▸ Your objective
Range to output from the entries below: the line containing "-- ===== src/HttpServer/Request/Chain.antt" through the line containing "module _ (b". Set it down exactly, ends included, nothing else.
── Provided data ──
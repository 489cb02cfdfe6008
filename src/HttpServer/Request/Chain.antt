-- ===== src/HttpServer/Request/Chain.antt =====
-- The middleware chain as a relation: a prefix of it that lets a request through.
use uni_serve_libhttp.Common.{◌≡◌, true, false, List, [], ◌∷◌, ◌++◌, Option}
use uni_serve_libhttp.HttpServer.Beast.{Beast}
use uni_serve_libhttp.HttpServer.Query.{Params}
use uni_serve_libhttp.HttpServer.Request.{ok, Middleware, call_middleware, run_middlewares}

module _ (b : Beast) {W : Type 0} (req : b.Request) (params : Params) where
  -- Every middleware of the list goes on, each with the response and the state of the one before;
  -- the last leaves `r'` and `w'`.
  abbrev pub Passes : List (Option (Middleware b W)) → b.Response → W → b.Response → W → Type 0
  Passes [] r w r' w' = (r ≡ r') × (w ≡ w')
  Passes (m ∷ ms) r w r' w' =
      (r₁ : b.Response) × (w₁ : W) × (call_middleware b m req r params w ≡ (ok (true, r₁), w₁))
      × Passes ms r₁ w₁ r' w'

  -- The loop reaches what stands behind such a prefix.
  pub run-append :
      (before after : List (Option (Middleware b W))) (r r' : b.Response) (w w' : W)
      → Passes before r w r' w'
      → run_middlewares b req params (before ++ after) r w
        ≡ run_middlewares b req params after r' w'
  unfolding run_middlewares
  run-append [] after r r' w w' (e, f) = rw (e, f)
  run-append (m ∷ before) after r r' w w' (r₁, w₁, e, h) =
      rw (e, run_middlewares) (run-append before after r₁ r' w₁ w' h)

  pub run-Passes :
      (ms : List (Option (Middleware b W))) (r r' : b.Response) (w w' : W)
      → Passes ms r w r' w'
      → run_middlewares b req params ms r w ≡ (ok (false, r'), w')
  unfolding run_middlewares
  run-Passes [] r r' w w' (e, f) = rw (e, f)
  run-Passes (m ∷ ms) r r' w w' (r₁, w₁, e, h) =
      rw (e, run_middlewares) (run-Passes ms r₁ r' w₁ w' h)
───
▸ Response to this task
-- ===== src/HttpServer/Request/Chain.antt =====
-- The middleware chain as a relation: a prefix of it that lets a request through.
use uni_serve_libhttp.Common.{◌≡◌, true, false, List, [], ◌∷◌, ◌++◌, Option}
use uni_serve_libhttp.HttpServer.Beast.{Beast}
use uni_serve_libhttp.HttpServer.Query.{Params}
use uni_serve_libhttp.HttpServer.Request.{ok, Middleware, call_middleware, run_middlewares}

module _ (b : Beast) {W : Type 0} (req : b.Request) (params : Params) where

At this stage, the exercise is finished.